### REQUIRED ACTION:
Each line of the entries below that holds "none" is needed, copied in full.
━━━━━ MATERIALS PROVIDED
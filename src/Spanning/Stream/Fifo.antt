-- ===== src/Spanning/Stream/Fifo.antt =====
-- librapidarchive/src/spanning.rs: `DataZoneStream` as a queue of the bytes that are buffered and
-- not yet committed, each under the identifier of its zone.
use rapidtar.Prelude.{
  ℕ, ◌≤◌, ◌≡◌, refl, sym, Option, none, some, List, [], ◌∷◌, ◌++◌, append_assoc, length, replicate,
  All, length-replicate,
}
use rapidtar.Spanning.Zone.{DataZone, IsBalanced}
use rapidtar.Spanning.Stream.{DataZoneStream}

module _ {ℓ} {P : Type ℓ} where
  -- The uncommitted bytes of a zone.
  abbrev pub zone_labels : DataZone P → List (Option P)
  zone_labels z = replicate z.uncommitted_length z.ident

  abbrev pub pending_labels : List (DataZone P) → List (Option P)
  pending_labels [] = []
  pending_labels (z ∷ zs) = zone_labels z ++ pending_labels zs

  abbrev pub cur_labels : Option (DataZone P) → List (Option P)
  cur_labels none = []
  cur_labels (some z) = zone_labels z

  -- The uncommitted bytes of the stream, the first to reach the device at the head.
  abbrev pub labels : DataZoneStream P → List (Option P)
  labels s = pending_labels s.pending_zones ++ cur_labels s.cur_zone

  -- The counts of the current zone add up, and its length is at most `bound`.
  abbrev pub CurFits : ℕ → Option (DataZone P) → Type 0
  CurFits bound none = Unit
  CurFits bound (some z) = IsBalanced z × (z.length ≤ bound)

  -- The counts of every zone add up, and the current zone is at most `bound` long.
  pub record IsTracked (bound : ℕ) (s : DataZoneStream P) : Type 0 where
    pub pending : All IsBalanced s.pending_zones
    pub cur : CurFits bound s.cur_zone

  pub pending_labels-append :
      (xs ys : List (DataZone P))
      → pending_labels (xs ++ ys) ≡ pending_labels xs ++ pending_labels ys
  pending_labels-append [] ys = refl
  pending_labels-append (x ∷ xs) ys =
      rw (pending_labels-append xs ys) (sym (append_assoc (zone_labels x) _ _))

  pub length-zone_labels : (z : DataZone P) → length (zone_labels z) ≡ z.uncommitted_length
  length-zone_labels z = length-replicate z.uncommitted_length z.ident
━━━━━━━━━━
### YOUR SOLUTION:
  ℕ, ◌≤◌, ◌≡◌, refl, sym, Option, none, some, List, [], ◌∷◌, ◌++◌, append_assoc, length, replicate,
  cur_labels none = []
  CurFits bound none = Unit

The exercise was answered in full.